GPs will quiz obese on exercise to battle ‘pandemic’
OVERWEIGHT and unfit patients who visit their GPs will be urged to take more exercise under an intervention scheme designed to tackle Scotland’s obesity crisis.
Thousands of Scots who turn up for a routine appointment with their doctor face being asked how much exercise they do and told to step up their efforts if they are failing to meet government activity guidelines.
The pilot scheme, due to begin in January, will be rolled out in 20 NHS clinics across Ayrshire and Arran, the Borders, Grampian, Lothian, Tayside and the Western Isles and overseen by specially trained doctors and nurses.
Patients who are overweight, suffer from diabetes, heart disease or depression are likely to be targeted first. Experts warn the move is vital because the diseases caused by sedentary lifestyles are now at “pandemic” proportions.
But obesity charities say they are dubious about whether it will work.
Two-thirds of Scots are overweight or obese and just 39 per cent of adults meet the government’s minimum guidelines on weekly activity. For adults, this means at least 30 minutes of moderate activity, such as walking, cycling or gardening on most days, adding up to a total of at least two-and-a-half hours a week.
There has been no improvement in the number of Scots meeting exercise targets in recent years, which is why the Scottish Government’s public health agency, NHS Scotland, has chosen to tackle patients directly.
The exercise intervention scheme follows a similar project aimed at encouraging patients with potential alcohol problems to drink less.
Yesterday senior academics said they thought it was vital to get more Scots moving.
Professor Nanette Mutrie, chair in physical activity for health at Edinburgh University, said: “Physical inactivity has now been listed as a pandemic health issue. Recent research shows that the risks of lack of activity are worse than smoking, obesity and diabetes put together. Previously, we were not aware of this.
“People should be getting advice about physical activity and this pilot is simply trying to make that happen. Patients are already asked about smoking and weight when they visit their GP. This will put physical activity on the same level.”
Mutrie, who helped develop the scheme, said the pilot will initially target those who are overweight or have health problems that might be helped by getting more active.
A typical scenario would see a doctor or nurse asking a patient who was coming in for a routine appointment how much exercise they did over the past week.
If this falls below two-and-a- half hours, the patient would be given a 20-minute “brief intervention” – probably carried out by the practice nurse – which involves explaining that exercise will help their weight and general wellbeing.
Patients will be asked to think of at least one activity they might enjoy and get advice on local exercise classes. They will also be told how to be more active. They are likely to be given a 12-week “walking plan” aimed at building up their walking until it meets the recommended levels.
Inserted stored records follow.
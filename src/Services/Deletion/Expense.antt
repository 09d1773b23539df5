-- ===== src/Services/Deletion/Expense.antt =====
-- What `DeleteExpense` of services/expenses.go demands, and what it writes.
use expense_splitter.Prelude.{
  ℕ, ◌≡◌, refl, sym, ap, ◌∙◌, true, ◌&&◌, Option, none, some, List, ◌==◌, arith,
}
use expense_splitter.Prelude.Int.{ℤ}
use expense_splitter.Types.ApiError.{ApiError, ok}
use expense_splitter.Types.Principal.{Principal}
use expense_splitter.Types.Group.{is_open}
use expense_splitter.Store.{GroupRow, MembershipRow, ExpenseRow, absent, expense_audit, Db}
use expense_splitter.Store.Action.{Env, World, Reply, row, no_rows, run}
use expense_splitter.Store.Rows.{find, one, map_reply, update_rows}
use expense_splitter.Store.Hoare.{
  Holds-ok, Triple, Triple-bind, Triple-map, Triple-given, Triple-run, Triple-in_tx,
  Triple-raise_unless,
}
use expense_splitter.Store.Groups.{lock_group_status}
use expense_splitter.Store.Expenses.{
  is_live, LockExpenseForUpdateRow, lock_expense_for_update, soft_delete_expense,
}
use expense_splitter.Store.Audit.{write_audit}
use expense_splitter.Services.Expenses.{delete_expense}
use expense_splitter.Services.Frame.{Anywhere, anywhere}
use expense_splitter.Services.Readings.{Still, run-Reading}
use expense_splitter.Services.Creation.{IsCaller, principal_by_keycloak_id-IsCaller}
use expense_splitter.Services.Deletion.{with_entry, run_audit}

-- A live expense of a group, which a user has paid.
abbrev pub IsPaidBy : Db → ℕ → ℕ → ℕ → ExpenseRow → Type 0
IsPaidBy db group_id expense_id user_id e =
    (m : MembershipRow) × (find (λ x. (x.id == expense_id) && is_live group_id x) db.expenses
      ≡ some e)
    × (find (λ x. x.id == e.paid_by) db.memberships ≡ some m)
    × (m.user_id ≡ user_id)

locked-payer :
    (e : ExpenseRow) (o : Option MembershipRow) (r : LockExpenseForUpdateRow)
    → (elim o as (λ x. Reply LockExpenseForUpdateRow) [
      | none ↦ no_rows
      | some m ↦ row (record { amount_baisa = e.amount_baisa; user_id = m.user_id })
    ])
      ≡ row r
    → (m : MembershipRow) × (o ≡ some m)
      × (r ≡ record { amount_baisa = e.amount_baisa; user_id = m.user_id })
locked-payer e none r h = ground arith
locked-payer e (some m) r h = (m, refl, ground (arith, h))

locked-both :
    (ms : List MembershipRow) (o : Option ExpenseRow) (r : LockExpenseForUpdateRow)
    → (elim o as (λ x. Reply LockExpenseForUpdateRow) [
      | none ↦ no_rows
      | some e ↦ elim (find (λ m. m.id == e.paid_by) ms) as (λ x. Reply LockExpenseForUpdateRow) [
        | none ↦ no_rows
        | some m ↦ row (record { amount_baisa = e.amount_baisa; user_id = m.user_id })
      ]
    ])
      ≡ row r
    → (e : ExpenseRow) × (m : MembershipRow) × (o ≡ some e)
      × (find (λ x. x.id == e.paid_by) ms ≡ some m)
      × (r ≡ record { amount_baisa = e.amount_baisa; user_id = m.user_id })
locked-both ms none r h = ground arith
locked-both ms (some e) r h =
    let t = locked-payer e (find (λ m. m.id == e.paid_by) ms) r h in (e, t.0, refl, t.1, t.2)

lock_expense_for_update-IsPaidBy :
    (group_id expense_id uuid now : ℕ) (db : Db) (r : LockExpenseForUpdateRow)
    → (lock_expense_for_update expense_id group_id uuid now db).0 ≡ row r
    → (e : ExpenseRow) × IsPaidBy db group_id expense_id r.user_id e
      × (r.amount_baisa ≡ e.amount_baisa)
unfolding lock_expense_for_update
lock_expense_for_update-IsPaidBy group_id expense_id uuid now db r h =
    let t =
      locked-both db.memberships
        (find (λ e. (e.id == expense_id) && is_live group_id e) db.expenses) r h in
    (t.0, (t.1, t.2, t.3, sym (ap (λ x. x.user_id) t.4)), ap (λ x. x.amount_baisa) t.4)

abbrev pub IsOpenGroup : Db → ℕ → Type 0
IsOpenGroup db group_id =
    (g : GroupRow) × (find (λ x. x.id == group_id) db.groups ≡ some g) × (is_open g.status ≡ true)

module _ (db0 : Db) where
  -- What the deletion of an expense rests on: the group is open, and the caller paid the expense.
  abbrev pub IsDeletable : ℕ → ℕ → ℕ → Principal → ExpenseRow → Type 0
  IsDeletable subject group_id expense_id caller e =
      IsCaller db0 subject caller
      × IsOpenGroup db0 group_id
      × IsPaidBy db0 group_id expense_id caller.user_id e

  -- The expense is marked, and the deletion is logged.
  abbrev pub with_deleted : ℕ → ℕ → Principal → ℤ → Db
  with_deleted group_id expense_id caller amount =
      with_entry
        (record {
          group_id = some group_id;
          actor_user_id = caller.user_id;
          action = "expense.deleted";
          before = expense_audit expense_id amount none none;
          after = absent;
        })
        (record db0 {
          expenses =
              update_rows (λ x. x.id == expense_id) (λ x. record x { deleted = true }) db0.expenses;
        })

  status-IsOpenGroup :
      (group_id : ℕ) (o : Option GroupRow) (s : _)
      → find (λ g. g.id == group_id) db0.groups ≡ o
      → map_reply (λ g. g.status) (one o) ≡ row s
      → is_open s ≡ true
      → IsOpenGroup db0 group_id
  status-IsOpenGroup group_id none s found h open_now = ground (arith, h)
  status-IsOpenGroup group_id (some g) s found h open_now = (g, found, ground (arith, h, open_now))

  run-lock_group_status :
      (group_id : ℕ) (e : ApiError)
      → Triple
          (Still db0)
          (run (lock_group_status group_id) e)
          (λ s db. Still db0 db × (is_open s ≡ true → IsOpenGroup db0 group_id))
          Anywhere
  unfolding lock_group_status
  run-lock_group_status group_id e =
      Triple-map (λ db h. h)
        (λ s db h.
          (h.0, status-IsOpenGroup group_id (find (λ g. g.id == group_id) db0.groups) s refl h.1))
        (run-Reading db0
          (λ db. map_reply (λ g. g.status) (one (find (λ g. g.id == group_id) db.groups))) e)

  run-lock_expense :
      (group_id expense_id : ℕ) (e : ApiError)
      → Triple
          (Still db0)
          (run (lock_expense_for_update expense_id group_id) e)
          (λ r db.
            Still db0 db
            × ((x : ExpenseRow) × IsPaidBy db0 group_id expense_id r.user_id x
                × (r.amount_baisa ≡ x.amount_baisa)))
          Anywhere
  unfolding lock_expense_for_update
  run-lock_expense group_id expense_id e =
      Triple-map (λ db h. h)
        (λ r db h. (h.0, lock_expense_for_update-IsPaidBy group_id expense_id 0 0 db0 r h.1))
        (run-Reading db0 (λ db. (lock_expense_for_update expense_id group_id 0 0 db).0) e)

  run_soft_delete :
      (id : ℕ) (e : ApiError)
      → Triple
          (Still db0)
          (run (soft_delete_expense id) e)
          (λ u. Still (record db0 {
            expenses =
                update_rows (λ x. x.id == id) (λ x. record x { deleted = true }) db0.expenses;
          }))
          Anywhere
  unfolding soft_delete_expense
  run_soft_delete id e = Triple-run _ e (anywhere _) λ i now db h.
      ap {A = Db} {B = Db}
        (λ d. record d {
          expenses = update_rows (λ x. x.id == id) (λ x. record x { deleted = true }) d.expenses;
        })
        h

  delete_expense-IsDeletable :
      (subject group_id expense_id : ℕ)
      → Triple
          (Still db0)
          (delete_expense subject group_id expense_id)
          (λ u db.
            (caller : Principal) × (e : ExpenseRow) × IsDeletable subject group_id expense_id caller
              e
            × (db ≡ with_deleted group_id expense_id caller e.amount_baisa))
          Anywhere
  unfolding delete_expense write_audit
  delete_expense-IsDeletable subject group_id expense_id =
      Triple-bind (principal_by_keycloak_id-IsCaller db0 subject _) λ caller. Triple-given λ c.
        Triple-in_tx (anywhere _) (
          Triple-bind (run-lock_group_status group_id _) λ s. Triple-given λ opens.
            Triple-bind (Triple-raise_unless (anywhere _) _ _) λ u. Triple-given λ is_open_now.
              Triple-bind (run-lock_expense group_id expense_id _) λ old. Triple-given λ t.
                Triple-bind (Triple-raise_unless (anywhere _) _ _) λ u. Triple-given λ own.
                  Triple-bind (run_soft_delete expense_id _) λ u.
                    Triple-map (λ db h. h)
                      (λ u db h. (
                        caller,
                        t.0,
                        (c, opens is_open_now, (t.1.0, t.1.1, t.1.2, t.1.3 ∙ ground (arith, own))),
                        h ∙ ap (with_deleted group_id expense_id caller) t.2,
                      ))
                      (run_audit _ _ _))

-- When DeleteExpense succeeds, the account is registered, the group is open, the expense is a live
-- one of the group that the account has paid, and all that changes is the mark on the expense and one
-- audit entry with its amount.
pub delete_expense-Deletes :
    (subject group_id expense_id : ℕ) (env : Env) (w : World)
    → (delete_expense subject group_id expense_id env w).0 ≡ ok tt
    → (caller : Principal) × (e : ExpenseRow) × IsDeletable w.db subject group_id expense_id caller
        e
      × ((delete_expense subject group_id expense_id env w).1.db
          ≡ with_deleted w.db group_id expense_id caller e.amount_baisa)
delete_expense-Deletes subject group_id expense_id env w e =
    let r = delete_expense subject group_id expense_id env w in
    Holds-ok
      (λ u db.
        (caller : Principal) × (x : ExpenseRow) × IsDeletable w.db subject group_id expense_id
          caller x
        × (db ≡ with_deleted w.db group_id expense_id caller x.amount_baisa))
      Anywhere r.0 r.1 tt
      ((delete_expense-IsDeletable w.db subject group_id expense_id).holds env w refl) e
The pilot will receive government funding although the amount has yet to be decided. It is not yet known whether GPs’ surgeries will be given extra money in the future to provide the service. However, the move has met with a mixed reaction from experts who say doctors and nurses don’t have enough spare time to carry it out.
Tam Fry, spokesman for the National Obesity Forum, said: “I am dubious about whether this will work. I do give it a cautious welcome, but I believe it will be very labour- intensive as there are so many people needing advice and there’s not enough time in the health service for follow-up to see whether people are doing as they are told.”
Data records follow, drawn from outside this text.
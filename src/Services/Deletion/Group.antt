-- ===== src/Services/Deletion/Group.antt =====
-- What `AdminDeleteGroup` of services/admin.go demands, and what it writes.
use Prim.Native.String.{String}
use expense_splitter.Prelude.{
  ℕ, ◌≡◌, refl, Bool, true, false, not, ◌||◌, none, some, ◌==◌, arith, if◌then◌else◌,
}
use expense_splitter.Types.ApiError.{ApiError, ok}
use expense_splitter.Types.Principal.{Principal}
use expense_splitter.Store.{GroupRow, absent, deleted_group_audit, Db}
use expense_splitter.Store.Action.{Env, World, row, run}
use expense_splitter.Store.Rows.{find, one, exists_row, where_rows}
use expense_splitter.Store.Hoare.{
  Replies, Holds-ok, Triple, Triple-pure, Triple-bind, Triple-map, Triple-given, Triple-run,
  Triple-in_tx, Triple-raise_if, Triple-raise_unless, Triple-lift,
}
use expense_splitter.Store.Groups.{get_group_by_id, group_has_history, is_of_group, delete_group}
use expense_splitter.Store.Memberships.{delete_group_memberships}
use expense_splitter.Store.Audit.{write_system_audit}
use expense_splitter.Services.Authz.{require_global_admin}
use expense_splitter.Services.Admin.{global_admin_caller, admin_delete_group}
use expense_splitter.Services.Frame.{Anywhere, anywhere}
use expense_splitter.Services.Readings.{Still, one-row, run-Reading}
use expense_splitter.Services.Creation.{IsCaller, Replies-unless, principal_by_keycloak_id-IsCaller}
use expense_splitter.Services.Deletion.{with_entry, run_audit}

require_global_admin-true :
    (p : Principal) → require_global_admin p ≡ ok tt → p.is_global_admin ≡ true
unfolding require_global_admin
require_global_admin-true p h = ground (arith, h)

none_of :
    (a b c d h : Bool)
    → row (a || b || c || d) ≡ row h
    → h ≡ false
    → (a ≡ false) × (b ≡ false) × (c ≡ false) × (d ≡ false)
none_of false false false false h e k = (refl, refl, refl, refl)
none_of true b c d h e k = ground (arith, e, k)
none_of false true c d h e k = ground (arith, e, k)
none_of false false true d h e k = ground (arith, e, k)
none_of false false false true h e k = ground (arith, e, k)

module _ (db0 : Db) where
  -- Nothing refers to the group but its memberships.
  abbrev pub HasNoHistory : ℕ → Type 0
  HasNoHistory group_id =
      (exists_row (λ e. e.group_id == group_id) db0.expenses ≡ false)
      × (exists_row (λ p. p.group_id == group_id) db0.payments ≡ false)
      × (exists_row (λ r. r.group_id == group_id) db0.settlement_runs ≡ false)
      × (exists_row (λ e. is_of_group group_id e.group_id) db0.audit_log ≡ false)

  -- The caller is a global admin, and the group has neither expenses nor payments, settlements or
  -- audit entries.
  abbrev pub IsErasable : ℕ → ℕ → Principal → GroupRow → Type 0
  IsErasable subject group_id caller g =
      IsCaller db0 subject caller
      × (caller.is_global_admin ≡ true)
      × (find (λ x. x.id == group_id) db0.groups ≡ some g)
      × HasNoHistory group_id

  -- The rows of the group and of its memberships are gone, and the deletion is logged.
  abbrev pub without_group : ℕ → Principal → String → Db
  without_group group_id caller name =
      with_entry
        (record {
          group_id = none;
          actor_user_id = caller.user_id;
          action = "group.deleted";
          before = deleted_group_audit group_id name;
          after = absent;
        })
        (record db0 {
          memberships = where_rows (λ m. not (m.group_id == group_id)) db0.memberships;
          groups = where_rows (λ x. not (x.id == group_id)) db0.groups;
        })

  abbrev without_members : ℕ → Db
  without_members group_id = record db0 {
    memberships = where_rows (λ m. not (m.group_id == group_id)) db0.memberships;
  }

  abbrev without_both : ℕ → Db
  without_both group_id = record db0 {
    memberships = where_rows (λ m. not (m.group_id == group_id)) db0.memberships;
    groups = where_rows (λ x. not (x.id == group_id)) db0.groups;
  }

  global_admin_caller-IsCaller :
      (subject : ℕ)
      → Triple
          (Still db0)
          (global_admin_caller subject)
          (λ p db. Still db0 db × (IsCaller db0 subject p × (p.is_global_admin ≡ true)))
          Anywhere
  unfolding global_admin_caller
  global_admin_caller-IsCaller subject =
      Triple-bind (principal_by_keycloak_id-IsCaller db0 subject _) λ p. Triple-given λ c.
        Triple-bind (Triple-lift (anywhere _) (require_global_admin p)) λ u.
          Triple-given
            λ allowed. Triple-pure _ λ db h. (h, (c, require_global_admin-true p allowed))

  run-delete_memberships :
      (group_id : ℕ) (e : ApiError)
      → Triple
          (Still db0)
          (run (delete_group_memberships group_id) e)
          (λ u. Still (without_members group_id))
          Anywhere
  unfolding delete_group_memberships
  run-delete_memberships group_id e = Triple-run _ e (anywhere _) λ i now db h.
      rw h (Replies-unless (λ u. Still (without_members group_id)) _ tt db0 _ (λ k. refl))

  -- The group is deleted, or the reply says that it is not.
  Replies-deleted :
      (b : Bool) (db1 db2 : Db)
      → Replies
          (λ deleted db. deleted ≡ true → db ≡ db2)
          (if b then (row false, db1) else (row true, db2))
  Replies-deleted true db1 db2 = λ h. ground (arith, h)
  Replies-deleted false db1 db2 = λ h. refl

  run-delete_group :
      (group_id : ℕ) (e : ApiError)
      → Triple
          (Still (without_members group_id))
          (run (delete_group group_id) e)
          (λ deleted db. deleted ≡ true → Still (without_both group_id) db)
          Anywhere
  unfolding delete_group
  run-delete_group group_id e =
      Triple-run _ e (anywhere _)
        λ i now db h. rw h (Replies-deleted _ (without_members group_id) (without_both group_id))

  run-group_has_history :
      (group_id : ℕ) (e : ApiError)
      → Triple
          (Still db0)
          (run (group_has_history group_id) e)
          (λ h db. Still db0 db × (h ≡ false → HasNoHistory group_id))
          Anywhere
  unfolding group_has_history
  run-group_has_history group_id e =
      Triple-map (λ db h. h) (λ r db h. (h.0, none_of _ _ _ _ r h.1))
        (run-Reading db0 (λ db. (group_has_history group_id 0 0 db).0) e)

  run-get_group :
      (group_id : ℕ) (e : ApiError)
      → Triple
          (Still db0)
          (run (get_group_by_id group_id) e)
          (λ g db. Still db0 db × (find (λ x. x.id == group_id) db0.groups ≡ some g))
          Anywhere
  unfolding get_group_by_id
  run-get_group group_id e =
      Triple-map (λ db h. h) (λ g db h. (h.0, one-row _ g h.1))
        (run-Reading db0 (λ db. one (find (λ x. x.id == group_id) db.groups)) e)

  admin_delete_group-IsErasable :
      (subject group_id : ℕ)
      → Triple
          (Still db0)
          (admin_delete_group subject group_id)
          (λ u db.
            (caller : Principal) × (g : GroupRow) × IsErasable subject group_id caller g
            × (db ≡ without_group group_id caller g.name))
          Anywhere
  unfolding admin_delete_group write_system_audit
  admin_delete_group-IsErasable subject group_id =
      Triple-bind (global_admin_caller-IsCaller subject) λ caller. Triple-given λ c.
        Triple-bind (run-get_group group_id _) λ g. Triple-given λ found.
          Triple-bind (run-group_has_history group_id _) λ h. Triple-given λ clean.
            Triple-bind (Triple-raise_if (anywhere _) _ _) λ u. Triple-given λ no_history.
              Triple-in_tx (anywhere _) (
                Triple-bind (run-delete_memberships group_id _) λ u.
                  Triple-bind (run-delete_group group_id _) λ deleted.
                    Triple-bind (Triple-raise_unless (anywhere _) deleted _) λ u.
                      Triple-map (λ db k. k.0 k.1)
                        (λ u db k. (caller, g, (c.0, c.1, found, clean no_history), k))
                        (run_audit (without_both group_id) _ _))

-- When AdminDeleteGroup succeeds, the account is a global admin's, the group exists and has no
-- expenses, payments, settlements or audit entries, and all that changes is that the group and its
-- memberships are gone and one audit entry names it.
pub admin_delete_group-Erases :
    (subject group_id : ℕ) (env : Env) (w : World)
    → (admin_delete_group subject group_id env w).0 ≡ ok tt
    → (caller : Principal) × (g : GroupRow) × IsErasable w.db subject group_id caller g
      × ((admin_delete_group subject group_id env w).1.db
          ≡ without_group w.db group_id caller g.name)
admin_delete_group-Erases subject group_id env w e =
    let r = admin_delete_group subject group_id env w in
    Holds-ok
      (λ u db.
        (caller : Principal) × (g : GroupRow) × IsErasable w.db subject group_id caller g
        × (db ≡ without_group w.db group_id caller g.name))
      Anywhere r.0 r.1 tt ((admin_delete_group-IsErasable w.db subject group_id).holds env w refl) e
Margaret Watt, chairman of the Scotland Patients Association said: “This may be what we need as a nation but some people will have underlying health conditions that might not even have been picked up, and that could create problems if they try to do anything strenuous. So this might not be appropriate for everyone.
“Anyone with a health problem such as a heart condition might have to be monitored to make sure they don’t overdo it and make things worse.”
Dr Alan McDevitt, chairman of the BMA’s Scottish GP Committee, said: “This type of structured ‘brief intervention’ can be useful to find out whether an individual is ready to change their lifestyle to live a healthier life. However, within a ten-minute consultation, there would only be time to do this if the patient’s main problem had been dealt with in a short time. It is more likely this way of bringing up the subject of exercise will be most appropriate within a health promotion consultation by a practice nurse or, particularly, by a healthcare assistant.”
A spokeswoman for NHS Health Scotland said: “We know from evidence that physical activity brief interventions are both clinically and cost effective for delivery by the NHS.
“The pilot is an opportunity for us to put this into practice, recognising the benefits and importance of simply being more active as a key clinical intervention in primary care.”
• THE Scottish Government has set guidelines on physical activity which outline the minimum each individual should do each week to maintain a healthy lifestyle, and avoid the risks of heart disease, obesity, high blood pressure and cancer.
Adults should accumulate at least 30 minutes of moderate activity (walking, gardening, climbing stairs, cycling) on most days of the week.
This should total two and a half hours a week of moderate activity.
Children should accumulate at least one hour of moderate activity on most days of the week.
Alternatively, adults can meet the guidelines by accumulating 75 minutes a week of vigorous exercise (eg running).